This Bootstrapped Nigerian Startup Is Helping Students Find The Right Tutors

By  |  May 14, 2018

Whether the popular maxim “Examination is not a true test of knowledge” is true or not remains debatable. However, the fact is that parents tend to assess academic performance through examination results.

In fact, ‘low’ test scores are an indication that extra help is needed to boost the student’s performance.

Co-founder of edtech startup Dolessons, Martins Fidelis, corroborates this in an interview with WeeTracker. He said that during his stint as an ICT teacher in a model High school in Port Harcourt South South, Nigeria, he observed that parents actively sought one-on-one personalized classes for their kids.

The idea was to help find the right tutors that will help their kids build firm self-study skills and accelerate performance in their test scores.
However, the challenge was finding the right tutors with relevant experience and skill set to fill this learning vacuum.

Martins Fidelis

According to Chief Executive Officer of Dolessons, Martins, a graduate of Computer Science from the University of Calabar, DoLessons emerged in the edtech marketplace in 2017 as a supplementary learning and tutoring platform that connects academically distressed students in Nigeria to verified expert tutors for after-school academic drills.

Its overall aim is to help students learn better, build self-study skills, raise grades and enhance performance in their test scores. This system relies on what Martins described as “individualized lesson options.” With this approach, a student’s learning need is customized to suit learning pace, style and predefined schedules.

At the moment, the team is not so bothered about joining the market later than its peers. Started in November 2014, it only ran a pilot on February 20, 2017. Indeed this stretch allowed other tutoring services like Primal Tutors and Prep Class e.t.c to launch, gaining traction and build brand awareness along with creating a market category.
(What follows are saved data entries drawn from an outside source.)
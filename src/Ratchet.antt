-- ===== src/Ratchet.antt =====
-- packages/yakr-core/src/yakr_core/ratchet.py: the double ratchet of a contact. A method returns its
-- result with the state it leaves, also where it raises.
pub mod State
pub mod Chains
pub mod Packet
pub mod Bound
pub mod Delivery
pub mod Conversation
pub mod Forgery
mod Tests
use yakr.Prelude.{
  ℕ, zero, suc, ◌+◌, ◌-◌, Bool, true, false, not, ◌||◌, Option, none, some, List, [], ◌∷◌, ◌++◌,
  Result, ok, err, on_error, ltb, leb, ◌==◌, if◌then◌else◌, length, take, drop, Bytes, Text, codes,
  eqb, lookup, insert, pack32, unpack,
}
use yakr.Base64.{b64encode, b64decode}
use yakr.Crypto.{Crypto, CryptoError, xchacha_encrypt, xchacha_decrypt}
use yakr.Ratchet.State.{RatchetState, to_dict, from_dict}
use yakr.Ratchet.Chains.{
  RatchetError, max_skip_gap, max_skipped_keys, ratchet_magic, kdf_rk, kdf_ck, key_id, store_skip,
  skip_key, skip_keys,
}

-- The three DH steps. The key pair that the program generates is the argument `fresh`; a private
-- key or a public key that the library refuses makes the exchange fail.
module _ (k : Crypto) where
  -- The last part of a step: a new key pair, and the send chain from it.
  renew_send : Bytes → Bytes → Bytes → RatchetState → Result RatchetError (Unit {0}) × RatchetState
  renew_send fresh peer root s =
      let s₁ = record s { dh_self_private = fresh; dh_self_public = k.x25519_public fresh } in
      elim (k.x25519_exchange fresh peer) [
        | none ↦ (err RatchetError.bad_exchange, s₁)
        | some dh_output ↦
            let chain = kdf_rk k root dh_output in
            (
              ok tt,
              record s₁ {
                root_key = chain.0;
                send_chain_key = some chain.1;
                prev_send_n = s₁.send_n;
                send_n = 0;
              },
            )
      ]

  unfoldable pub pairing_send_init :
      Bytes → Bytes → RatchetState → Result RatchetError (Unit {0}) × RatchetState
  unfolding renew_send
  pairing_send_init fresh peer s =
      let s₁ = record s { dh_peer_public = some peer } in
      let exchanged : Result RatchetError (Unit {0}) × RatchetState =
        elim (k.x25519_exchange s.dh_self_private peer) [
          | none ↦ (err RatchetError.bad_exchange, s₁)
          | some dh_output ↦ renew_send fresh peer (kdf_rk k s.root_key dh_output).0 s₁
        ] in
      if not (length peer == 32) then (err RatchetError.peer_key_length, s) else exchanged

  unfoldable pub pairing_recv_init :
      Bytes → RatchetState → Result RatchetError (Unit {0}) × RatchetState
  pairing_recv_init peer s =
      let s₁ = record s { dh_peer_public = some peer } in
      let exchanged : Result RatchetError (Unit {0}) × RatchetState =
        elim (k.x25519_exchange s.dh_self_private peer) [
          | none ↦ (err RatchetError.bad_exchange, s₁)
          | some dh_output ↦
              let chain = kdf_rk k s.root_key dh_output in
              (ok tt, record s₁ { root_key = chain.0; recv_chain_key = some chain.1; recv_n = 0 })
        ] in
      if not (length peer == 32) then (err RatchetError.peer_key_length, s) else exchanged

  unfoldable pub dh_ratchet :
      Bytes → Bytes → RatchetState → Result RatchetError (Unit {0}) × RatchetState
  unfolding renew_send
  dh_ratchet fresh peer s =
      let s₁ = record s { skipped_keys = []; dh_peer_public = some peer } in
      elim (k.x25519_exchange s.dh_self_private peer) [
        | none ↦ (err RatchetError.bad_exchange, s₁)
        | some dh_output ↦
            let chain = kdf_rk k s.root_key dh_output in
            renew_send fresh peer chain.0
              (record s₁ { root_key = chain.0; recv_chain_key = some chain.1; recv_n = 0 })
      ]

  abbrev pub header : Bytes → ℕ → ℕ → Bytes
  header dh_public prev_n message_n =
      ratchet_magic ++ dh_public ++ pack32 prev_n ++ pack32 message_n

  -- `struct.pack` refuses a number that needs more than 32 bits.
  unfoldable pub fits_header : ℕ → ℕ → Bool
  fits_header prev_n message_n = if leb 4294967296 prev_n then false else ltb message_n 4294967296

  encrypt_chain : Bytes → Bytes → Bytes → RatchetState → Result RatchetError Bytes × RatchetState
  unfolding fits_header
  encrypt_chain nonce plaintext chain_key s =
      let step = kdf_ck k chain_key in
      let s₁ = record s { send_chain_key = some step.1 } in
      let aad = header s.dh_self_public s.prev_send_n s.send_n in
      if fits_header s.prev_send_n s.send_n
      then (
        ok (aad ++ xchacha_encrypt k nonce step.0 plaintext aad),
        record s₁ { send_n = s.send_n + 1 },
      )
      else (err RatchetError.header_overflow, s₁)

  encrypt_ready : Bytes → Bytes → RatchetState → Result RatchetError Bytes × RatchetState
  unfolding encrypt_chain
  encrypt_ready nonce plaintext s = elim s.send_chain_key [
    | none ↦ (err RatchetError.send_chain_missing, s)
    | some chain_key ↦ encrypt_chain nonce plaintext chain_key s
  ]

  encrypt_initialised :
      Bytes
      → Bytes
      → Result RatchetError (Unit {0}) × RatchetState
      → Result RatchetError Bytes × RatchetState
  unfolding encrypt_ready
  encrypt_initialised nonce plaintext (err e, s) = (err e, s)
  encrypt_initialised nonce plaintext (ok _, s) = encrypt_ready nonce plaintext s

  -- `fresh` is for the pending ratchet of a pairing, `nonce` for the cipher.
  unfoldable pub encrypt :
      Bytes → Bytes → Bytes → RatchetState → Result RatchetError Bytes × RatchetState
  unfolding encrypt_initialised
  encrypt fresh nonce plaintext s = elim s.pending_pairing_dh_ratchet_peer [
    | none ↦ encrypt_ready nonce plaintext s
    | some peer ↦
        encrypt_initialised nonce plaintext
          (pairing_send_init fresh peer (record s { pending_pairing_dh_ratchet_peer = none }))
  ]

  -- The peer's key is taken over, is the known one, or starts a new ratchet step.
  pub adopt_peer : Bytes → Bytes → RatchetState → Result RatchetError (Unit {0}) × RatchetState
  adopt_peer fresh peer s = elim s.dh_peer_public [
    | none ↦ (ok tt, record s { dh_peer_public = some peer })
    | some known ↦ if eqb known peer then (ok tt, s) else dh_ratchet fresh peer s
  ]

  -- The message key on the receiving chain.
  pub message_key_for : Bytes → Bytes → ℕ → RatchetState → Result RatchetError Bytes × RatchetState
  message_key_for chain_key peer message_n s =
      let gap = message_n - s.recv_n in
      let skipped = skip_keys k gap peer chain_key s in
      let step = kdf_ck k skipped.0 in
      if ltb message_n s.recv_n
      then (skip_key peer message_n s, s)
      else if ltb max_skip_gap gap
      then (err RatchetError.skip_gap_too_large, s)
      else if ltb max_skipped_keys (length s.skipped_keys + gap)
      then (err RatchetError.skipped_key_limit, s)
      else (ok step.0, record skipped.1 { recv_chain_key = some step.1; recv_n = message_n + 1 })

  -- Opening the ciphertext with the key that was found.
  open_with :
      Bytes
      → Bytes
      → Result RatchetError Bytes × RatchetState
      → Result RatchetError Bytes × RatchetState
  open_with ciphertext aad (err e, s) = (err e, s)
  open_with ciphertext aad (ok message_key, s) =
      (on_error RatchetError.sealed_message (xchacha_decrypt k message_key ciphertext aad), s)

  pub receive_on_chain :
      Bytes
      → ℕ
      → ℕ
      → Bytes
      → Result RatchetError (Unit {0}) × RatchetState
      → Result RatchetError Bytes × RatchetState
  unfolding open_with message_key_for
  receive_on_chain peer prev_n message_n ciphertext (err e, s) = (err e, s)
  receive_on_chain peer prev_n message_n ciphertext (ok _, s) = elim s.recv_chain_key [
    | none ↦ (err RatchetError.recv_chain_missing, s)
    | some chain_key ↦
        open_with ciphertext (header peer prev_n message_n)
          (message_key_for chain_key peer message_n s)
  ]

  -- `_restore_snapshot`: the snapshot holds the dict `skipped_keys` itself and not a copy, so what was done to
  -- it since the snapshot stays.
  restore_snapshot : RatchetState → RatchetState → RatchetState
  restore_snapshot before now =
      elim (from_dict (record (to_dict before) { skipped_keys = now.skipped_keys })) [
        | ok restored ↦ restored
        | err _ ↦ now
      ]

  -- The `try` of `decrypt`.
  pub restore_on_error :
      RatchetState
      → Result RatchetError Bytes × RatchetState
      → Result RatchetError Bytes × RatchetState
  unfolding restore_snapshot
  restore_on_error before (ok plaintext, s) = (ok plaintext, s)
  restore_on_error before (err e, s) = (err e, restore_snapshot before s)

  unfoldable pub decrypt : Bytes → Bytes → RatchetState → Result RatchetError Bytes × RatchetState
  unfolding restore_on_error receive_on_chain adopt_peer
  decrypt fresh payload s =
      let peer = take 32 (drop 5 payload) in
      let prev_n = unpack (take 4 (drop 37 payload)) in
      let message_n = unpack (take 4 (drop 41 payload)) in
      if ltb (length payload) 45
      then (err RatchetError.payload_too_short, s)
      else if not (eqb (take 5 payload) ratchet_magic)
      then (err RatchetError.invalid_header, s)
      else restore_on_error s
          (receive_on_chain peer prev_n message_n (drop 45 payload) (adopt_peer fresh peer s))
But the startup believes that the competition is good for proffering solutions to the diverse challenges facing education in Nigeria.
“DoLessons is never intimidated by competition, to survive, we need to be constantly innovative and provide unparalleled value to our customers.”
“In the US and UK where the educational standard is somewhat best, there is still over 200 edtech companies, most generating average of USD 1 Mn annually,” Martins said.
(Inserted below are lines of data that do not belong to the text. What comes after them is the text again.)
-- ===== src/Ratchet/Forgery.antt =====
-- ratchet.py: what a packet that fails to decrypt leaves behind.
use yakr.Prelude.{
  ◌≢◌, ℕ, ◌≡◌, refl, ap, ◌∙◌, subst, Bool-cases, false, Option, none, some, inl, inr, [], ◌∷◌,
  Result, ok, err, null, length, Bytes, Text, IsBytes, Dict, lookup, ◌<◌, true, eqb, eqb_ne,
  eqb_refl, arith, take, drop, unpack, ltb,
}
use yakr.Base64.{b64encode}
use yakr.Base64.RoundTrip.{b64decode-b64encode, null-b64encode}
use yakr.Crypto.{Crypto, decryption_failed, xchacha_decrypt}
use yakr.Ratchet.State.{RatchetState, to_dict, from_dict, dec, encode_optional, or_none}
use yakr.Ratchet.Chains.{
  RatchetError, skip_key, already_received, ratchet_magic, skip_keys, kdf_rk, kdf_ck,
}
use yakr.Ratchet.{
  renew_send, decrypt, restore_snapshot, restore_on_error, receive_on_chain, adopt_peer, dh_ratchet,
}

-- A key that is there is not empty and is made of bytes.
abbrev pub IsKey : Option Bytes → Type 0
IsKey none = Unit
IsKey (some bs) = IsBytes bs × (null bs ≡ false)

-- What the program keeps true of the byte strings of a state.
pub record IsWellFormed (s : RatchetState) : Type 0 where
  pub root : IsBytes s.root_key
  pub private : IsBytes s.dh_self_private
  pub public : IsBytes s.dh_self_public
  pub peer : IsKey s.dh_peer_public
  pub send_chain : IsKey s.send_chain_key
  pub recv_chain : IsKey s.recv_chain_key
  pub pending : IsKey s.pending_pairing_dh_ratchet_peer

dec-b64encode : (bs : Bytes) → IsBytes bs → dec (b64encode bs) ≡ ok bs
unfolding dec
dec-b64encode [] h = unfold b64encode in refl
dec-b64encode (b ∷ bs) h = rw (null-b64encode b bs h, b64decode-b64encode (b ∷ bs) h) refl

-- `from_dict` reads an optional key as it was written.
read_optional :
    (key : Option Bytes)
    → IsKey key
    → (bs : Bytes) × (dec (encode_optional key) ≡ ok bs) × (or_none bs ≡ key)
unfolding dec encode_optional
read_optional none h = ([], refl, refl)
read_optional (some []) (h, e) = absurd (ground (arith, e))
read_optional (some (b ∷ bs)) (h, e) = (b ∷ bs, dec-b64encode (b ∷ bs) h, refl)

-- A state is read from its dict as it was, and with it whatever the dict of the skipped keys holds by then.
pub from_dict-to_dict :
    (s : RatchetState) (keys : Dict Text)
    → IsWellFormed s
    → from_dict (record (to_dict s) { skipped_keys = keys }) ≡ ok (record s { skipped_keys = keys })
unfolding from_dict to_dict
from_dict-to_dict s keys w =
    let (peer, e1, f1) = read_optional s.dh_peer_public w.peer in
    let (send, e2, f2) = read_optional s.send_chain_key w.send_chain in
    let (recv, e3, f3) = read_optional s.recv_chain_key w.recv_chain in
    let (pending, e4, f4) = read_optional s.pending_pairing_dh_ratchet_peer w.pending in
    rw
      (
        e1,
        e2,
        e3,
        e4,
        dec-b64encode s.root_key w.root,
        dec-b64encode s.dh_self_private w.private,
        dec-b64encode s.dh_self_public w.public,
        f1,
        f2,
        f3,
        f4,
      )
      refl

abbrev refused_with : RatchetError → RatchetState → Result RatchetError Bytes × RatchetState
refused_with e s = (err e, s)

module _ (k : Crypto) where
  restore_snapshot-WellFormed :
      (before now : RatchetState)
      → IsWellFormed before
      → restore_snapshot k before now ≡ record before { skipped_keys = now.skipped_keys }
  unfolding restore_snapshot
  restore_snapshot-WellFormed before now w =
      rw (restore_snapshot, from_dict-to_dict before now.skipped_keys w) refl

  restore_on_error-err :
      (before : RatchetState) (r : Result RatchetError Bytes × RatchetState) (e : RatchetError)
      (s' : RatchetState)
      → IsWellFormed before
      → restore_on_error k before r ≡ (err e, s')
      → s' ≡ record before { skipped_keys = s'.skipped_keys }
  unfolding restore_on_error
  restore_on_error-err before (ok plaintext, now) e s' w h = absurd (ground (arith, h))
  restore_on_error-err before (err e', now) e s' w h =
      let restored : record before { skipped_keys = now.skipped_keys } ≡ s' =
        ground (arith, h, restore_snapshot-WellFormed before now w) in
      subst (λ (x : RatchetState). x ≡ record before { skipped_keys = x.skipped_keys }) restored
        refl

  -- A packet that fails to decrypt, for whatever reason, leaves the keys, the counters and the peer as they were:
  -- only the skipped keys can differ.
  pub failed_decrypt_restores :
      (fresh payload : Bytes) (s s' : RatchetState) (e : RatchetError)
      → IsWellFormed s
      → decrypt k fresh payload s ≡ (err e, s')
      → s' ≡ record s { skipped_keys = s'.skipped_keys }
  unfolding decrypt
  failed_decrypt_restores fresh payload s s' e w h = elim (Bool-cases (ltb (length payload) 45)) [
    | inl short ↦
        let same : s ≡ s' = ground (arith, h) in
        subst (λ (x : RatchetState). x ≡ record s { skipped_keys = x.skipped_keys }) same refl
    | inr long ↦ elim (Bool-cases (eqb (take 5 payload) ratchet_magic)) [
      | inr other ↦
          let same : s ≡ s' = ground (arith, h) in
          subst (λ (x : RatchetState). x ≡ record s { skipped_keys = x.skipped_keys }) same refl
      | inl marked ↦ restore_on_error-err s _ e s' w (rw (long, marked) at h)
    ]
  ]

  -- A ratchet step to a new key leaves a receiving chain with no message and no skipped key.
  adopt_stranger :
      (fresh peer known dh dh' : Bytes) (s : RatchetState)
      → s.dh_peer_public ≡ some known
      → known ≢ peer
      → k.x25519_exchange s.dh_self_private peer ≡ some dh
      → k.x25519_exchange fresh peer ≡ some dh'
      → (s₁ : RatchetState) × (chain_key : Bytes) × (adopt_peer k fresh peer s ≡ (ok tt, s₁))
        × (s₁.recv_chain_key ≡ some chain_key)
        × (s₁.recv_n ≡ 0)
        × (s₁.skipped_keys ≡ [])
  unfolding adopt_peer dh_ratchet
  adopt_stranger fresh peer known dh dh' s named other exchanged exchanged' =
      let chain = kdf_rk k s.root_key dh in
      let chain' = kdf_rk k chain.0 dh' in
      let s₁ : RatchetState = record s {
        root_key = chain'.0;
        dh_self_private = fresh;
        dh_self_public = k.x25519_public fresh;
        dh_peer_public = some peer;
        send_chain_key = some chain'.1;
        recv_chain_key = some chain.1;
        send_n = 0;
        recv_n = 0;
        prev_send_n = s.send_n;
        skipped_keys = [];
      } in
      (
        s₁,
        chain.1,
        simp
            (
              adopt_peer,
              named,
              eqb_ne known peer other,
              dh_ratchet,
              exchanged,
              renew_send,
              exchanged',
            )
            refl,
        refl,
        refl,
        refl,
      )

  -- A first message that does not open on such a chain.
  receive_sealed :
      (peer ciphertext chain_key : Bytes) (prev_n : ℕ) (s : RatchetState)
      → s.recv_chain_key ≡ some chain_key
      → s.recv_n ≡ 0
      → s.skipped_keys ≡ []
      → ltb (length ciphertext) 24 ≡ false
      → ((key ad nonce : Bytes) → k.aead_decrypt key ad nonce (drop 24 ciphertext) ≡ none)
      → (s₂ : RatchetState) × (receive_on_chain k peer prev_n 0 ciphertext (ok tt, s)
          ≡ (err (RatchetError.sealed_message decryption_failed), s₂))
        × (s₂.skipped_keys ≡ [])
  unfolding receive_on_chain skip_keys xchacha_decrypt
  receive_sealed peer ciphertext chain_key prev_n s chained zeroth cleared sized refused =
      let s₂ : RatchetState = record s {
        recv_chain_key = some (kdf_ck k chain_key).1;
        recv_n = 1;
      } in
      (s₂, simp (chained, zeroth, cleared, sized, refused) refl, cleared)

  passed_number_refused :
      (peer ciphertext : Bytes) (prev_n message_n : ℕ) (chain_key : Bytes) (s : RatchetState)
      → s.skipped_keys ≡ []
      → s.recv_chain_key ≡ some chain_key
      → ltb message_n s.recv_n ≡ true
      → receive_on_chain k peer prev_n message_n ciphertext (ok tt, s) ≡ (err already_received, s)
  unfolding receive_on_chain skip_key lookup
  passed_number_refused peer ciphertext prev_n message_n chain_key s cleared chained old =
      let lost : skip_key peer message_n s ≡ err already_received = rw (skip_key, cleared) refl in
      simp (chained, old, lost) refl

  -- Without skipped keys, a packet of the peer whose number was passed is refused.
  passed_packet_refused :
      (fresh packet known chain_key : Bytes) (s : RatchetState)
      → IsWellFormed s
      → s.skipped_keys ≡ []
      → s.dh_peer_public ≡ some known
      → s.recv_chain_key ≡ some chain_key
      → ltb (length packet) 45 ≡ false
      → take 5 packet ≡ ratchet_magic
      → take 32 (drop 5 packet) ≡ known
      → unpack (take 4 (drop 41 packet)) < s.recv_n
      → decrypt k fresh packet s ≡ (err already_received, s)
  unfolding decrypt restore_on_error
  passed_packet_refused fresh packet known chain_key s w cleared named chained long marked own
        passed =
      let old : ltb (unpack (take 4 (drop 41 packet))) s.recv_n ≡ true = ground (arith, passed) in
      let magic : eqb (take 5 packet) ratchet_magic ≡ true = rw marked (eqb_refl ratchet_magic) in
      let kept : adopt_peer k fresh (take 32 (drop 5 packet)) s ≡ (ok tt, s) =
        unfold adopt_peer in rw (own, named, eqb_refl known) refl in
      rw (long, magic, kept, passed_number_refused _ _ _ _ chain_key s cleared chained old)
        (ap (refused_with already_received) (restore_snapshot-WellFormed s s w))

  -- A packet from a key that is not the peer's, with the number 0 and room for a nonce, clears the skipped keys
  -- although it fails to decrypt: every packet of the peer with a number that the receiver has passed, which a
  -- skipped key could have opened, is then refused as already received.
  pub forged_packet_clears_skipped :
      (fresh payload known dh dh' : Bytes) (s : RatchetState)
      → IsWellFormed s
      → ltb (length payload) 45 ≡ false
      → take 5 payload ≡ ratchet_magic
      → unpack (take 4 (drop 41 payload)) ≡ 0
      → s.dh_peer_public ≡ some known
      → known ≢ take 32 (drop 5 payload)
      → k.x25519_exchange s.dh_self_private (take 32 (drop 5 payload)) ≡ some dh
      → k.x25519_exchange fresh (take 32 (drop 5 payload)) ≡ some dh'
      → ltb (length (drop 45 payload)) 24 ≡ false
      → ((key ad nonce : Bytes) → k.aead_decrypt key ad nonce (drop 24 (drop 45 payload)) ≡ none)
      → (decrypt k fresh payload s
          ≡ (err (RatchetError.sealed_message decryption_failed), record s { skipped_keys = [] }))
        × ((fresh' packet chain_key : Bytes)
            → s.recv_chain_key ≡ some chain_key
            → ltb (length packet) 45 ≡ false
            → take 5 packet ≡ ratchet_magic
            → take 32 (drop 5 packet) ≡ known
            → unpack (take 4 (drop 41 packet)) < s.recv_n
            → decrypt k fresh' packet (record s { skipped_keys = [] })
              ≡ (err already_received, record s { skipped_keys = [] }))
  unfolding decrypt restore_on_error eqb
  forged_packet_clears_skipped fresh payload known dh dh' s w long marked zeroth named other
        exchanged exchanged' sized refused =
      let peer = take 32 (drop 5 payload) in
      let (s₁, chain_key, adopted, chained, first, cleared) =
        adopt_stranger fresh peer known dh dh' s named other exchanged exchanged' in
      let (s₂, received, left) =
        receive_sealed peer (drop 45 payload) chain_key (unpack (take 4 (drop 37 payload))) s₁
          chained first cleared sized refused in
      (
        rw (long, marked, zeroth, adopted, received)
            (ap (refused_with (RatchetError.sealed_message decryption_failed)) (
              restore_snapshot-WellFormed s s₂ w
              ∙ ap (λ (d : Dict Text). record s { skipped_keys = d }) left)),
        λ fresh' packet key chained' long' marked' own passed.
            passed_packet_refused fresh' packet known key (record s { skipped_keys = [] })
              (record {
                root = w.root;
                private = w.private;
                public = w.public;
                peer = w.peer;
                send_chain = w.send_chain;
                recv_chain = w.recv_chain;
                pending = w.pending;
              })
              refl named chained' long' marked' own passed,
      )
He said that Dolessons had gained 20% of the market share for tutoring and over 40% of the books supply market share. It hopes to double these stats by December 2018.
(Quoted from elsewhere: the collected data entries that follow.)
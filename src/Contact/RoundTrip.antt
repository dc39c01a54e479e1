-- ===== src/Contact/RoundTrip.antt =====
-- identity.py: a contact is read as it was saved, and both sides name their conversation alike.
use yakr.Prelude.{
  ℕ, ◌≡◌, refl, Bool, true, false, not, Bool-cases, inl, inr, Option, none, some, List, [], ◌∷◌, ok,
  ◌==◌, if◌then◌else◌, Bytes, Text, IsBytes, All, eqb, arith,
}
use yakr.Base64.RoundTrip.{b64decode-b64encode}
use yakr.Codec.{Codec}
use yakr.DeliveryProfile.Payload.{DeliveryProfile}
use yakr.DeliveryProfile.RoundTrip.{IsNormal, profile_from_b64-to_b64}
use yakr.Names.{IsPlain, split_names-join_names}
use yakr.Privacy.{PrivacyMode, fast, balanced, high}
use yakr.Ratchet.Forgery.{IsWellFormed, from_dict-to_dict}
use yakr.Ratchet.State.{to_dict, from_dict}
use yakr.Contact.{
  Contact, text_ltb, conversation_id_for, contact_to_dict, contact_from_dict, encoded, decoded,
  saved_mode, mode_of, joined, names_of, unless_zero, number_or, saved_profile, profile_of,
}

abbrev pub IsBytes? : Option Bytes → Type 0
IsBytes? none = Unit
IsBytes? (some bs) = IsBytes bs

abbrev pub IsNormal? : Option DeliveryProfile → Type 0
IsNormal? none = Unit
IsNormal? (some p) = All IsNormal p.relay_descriptors

-- The fields of a contact that the program makes.
pub record IsSavable (x : Contact) : Type 0 where
  pub signing : IsBytes x.signing_public
  pub agreement : IsBytes x.agreement_public
  pub master : IsBytes x.master_secret
  pub id : IsBytes? x.contact_id
  pub transcript : IsBytes? x.transcript_hash
  pub ratchet : IsWellFormed x.ratchet
  pub profile : IsNormal? x.delivery_profile
  pub names : All IsPlain x.peer_acked_my_relay_names

decoded-encoded : (o : Option Bytes) → IsBytes? o → decoded (encoded o) ≡ ok o
decoded-encoded none h = refl
decoded-encoded (some bs) h = rw (b64decode-b64encode bs h) refl

mode_of-saved_mode : (m : PrivacyMode) → mode_of (saved_mode m) ≡ ok m
unfolding mode_of eqb
mode_of-saved_mode fast = refl
mode_of-saved_mode balanced = refl
mode_of-saved_mode high = refl

names_of-joined : (ns : List Text) → All IsPlain ns → names_of (joined ns) ≡ ns
names_of-joined [] h = refl
names_of-joined (n ∷ ns) h = split_names-join_names (n ∷ ns) h

number_or-unless_zero : (n : ℕ) → number_or 0 (unless_zero n) ≡ n
number_or-unless_zero n = ground arith

profile_of-saved_profile :
    (c : Codec) (o : Option DeliveryProfile) → IsNormal? o → profile_of c (saved_profile c o) ≡ ok o
profile_of-saved_profile c none h = refl
profile_of-saved_profile c (some p) h = rw (profile_from_b64-to_b64 c p h) refl

from_dict-to_dict_self :
    (x : Contact) → IsWellFormed x.ratchet → from_dict (to_dict x.ratchet) ≡ ok x.ratchet
unfolding to_dict
from_dict-to_dict_self x w = from_dict-to_dict x.ratchet x.ratchet.skipped_keys w

number_of_flag : (b : Bool) → not (number_or 0 (if b then some 1 else none) == 0) ≡ b
number_of_flag true = refl
number_of_flag false = refl

-- A contact is read as it was saved, if its byte strings are bytes and the names of its relays have no commas
-- and no spaces at their ends.
pub contact_from_dict-to_dict :
    (c : Codec) (x : Contact) → IsSavable x → contact_from_dict c (contact_to_dict c x) ≡ ok x
unfolding contact_from_dict contact_to_dict
contact_from_dict-to_dict c x h =
    rw
      (
        from_dict-to_dict_self x h.ratchet,
        profile_of-saved_profile c x.delivery_profile h.profile,
        decoded-encoded x.contact_id h.id,
        decoded-encoded x.transcript_hash h.transcript,
        b64decode-b64encode x.signing_public h.signing,
        b64decode-b64encode x.agreement_public h.agreement,
        b64decode-b64encode x.master_secret h.master,
        mode_of-saved_mode x.privacy_mode,
        number_or-unless_zero x.peer_acked_my_profile_version,
        number_or-unless_zero x.session_started_at,
        number_of_flag x.hybrid_pq,
        names_of-joined x.peer_acked_my_relay_names h.names,
      )
      refl

-- Of two texts one is less than the other, or they are equal.
text_ltb_total : (a b : Text) → text_ltb a b ≡ false → text_ltb b a ≡ false → a ≡ b
unfolding text_ltb
text_ltb_total [] [] h g = refl
text_ltb_total [] (b ∷ bs) h g = cc
text_ltb_total (a ∷ as') [] h g = cc
text_ltb_total (a ∷ as') (b ∷ bs) h g = ground (arith, text_ltb_total as' bs)

text_ltb_asym : (a b : Text) → text_ltb a b ≡ true → text_ltb b a ≡ false
unfolding text_ltb
text_ltb_asym [] [] h = refl
text_ltb_asym [] (b ∷ bs) h = refl
text_ltb_asym (a ∷ as') [] h = cc
text_ltb_asym (a ∷ as') (b ∷ bs) h = ground (arith, text_ltb_asym as' bs)

-- Both sides of a pairing name their conversation alike.
pub conversation_id_for_comm : (a b : Text) → conversation_id_for a b ≡ conversation_id_for b a
unfolding conversation_id_for
conversation_id_for_comm a b = elim (Bool-cases (text_ltb b a)) [
  | inl less ↦ rw (less, text_ltb_asym b a less) refl
  | inr not_less ↦ elim (Bool-cases (text_ltb a b)) [
    | inl less ↦ rw (not_less, less) refl
    | inr neither ↦ rw (text_ltb_total a b neither not_less) refl
  ]
]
An analysis of the marketplace shows that there’s room to catch up. The startup cited that the tutoring market in Nigeria is said to be worth over USD 2 Bn where 50% of the tutoring market is based in Lagos, 30% in Abuja and the other 20% in the remaining 35 States.

According to Martins, “this market has the potential to triple in the next decade, as parents continue to embrace personalized learning as the solution to the decaying educational standard in Nigeria and Africa at large.”

Currently, Dolessons averages 200 billable tutoring hours monthly, but its target is to serve 5000 billable tutoring hours weekly. The team believes that a radical marketing drive will help achieve their set goal. It has also implemented a ‘local government area’ functionality listing algorithm that enables students to find verified tutors near them. This algorithm also allows students to post tutors request to a poll of jobs page, a strategy that they say drives leads daily.

How is Dolessons addressing the tutoring needs?

For tutors, all that they need is to sign up and create tutoring profiles. After this, they take an online ‘subject evaluation test’ to prove their competence in subjects they intend to teach.
A less than 60 percent score in the evaluation, after two tries, disqualifies such candidate.

If successful, the tutor is assigned a subject badge as an expert tutor in that subject and is listed in the tutor listing page for the students to read his/her profile and select the tutor for lessons.

The tutor listing engine displays a list of DoLessons certified tutors for students to select lesson teachers based on Local Government (LGA) of residence, for proximity. So if someone is in Ikeja LGA and needs a tutor, they won’t see tutors that reside in Ojo LGA. Tutors select areas they intend to go and teach.
Students, on the other hand, can create an account, select their classes and the corresponding subjects. The student pays online or offline for the lessons, set schedule which is based on the select tutor’s availability and the tutor receives booking alert via SMS and contacts the student for lessons to commence.

Tutors earn 75% of the lessons cost while Dolessons keeps 25% for financing its overhead, marketing, administration, etc. The cost of lessons varies with class and subject the student is booking. The average lesson cost is USD 85 (N 30, 000) per month for a 2 hours session, thrice a week. There’s an increased cost for special needs students.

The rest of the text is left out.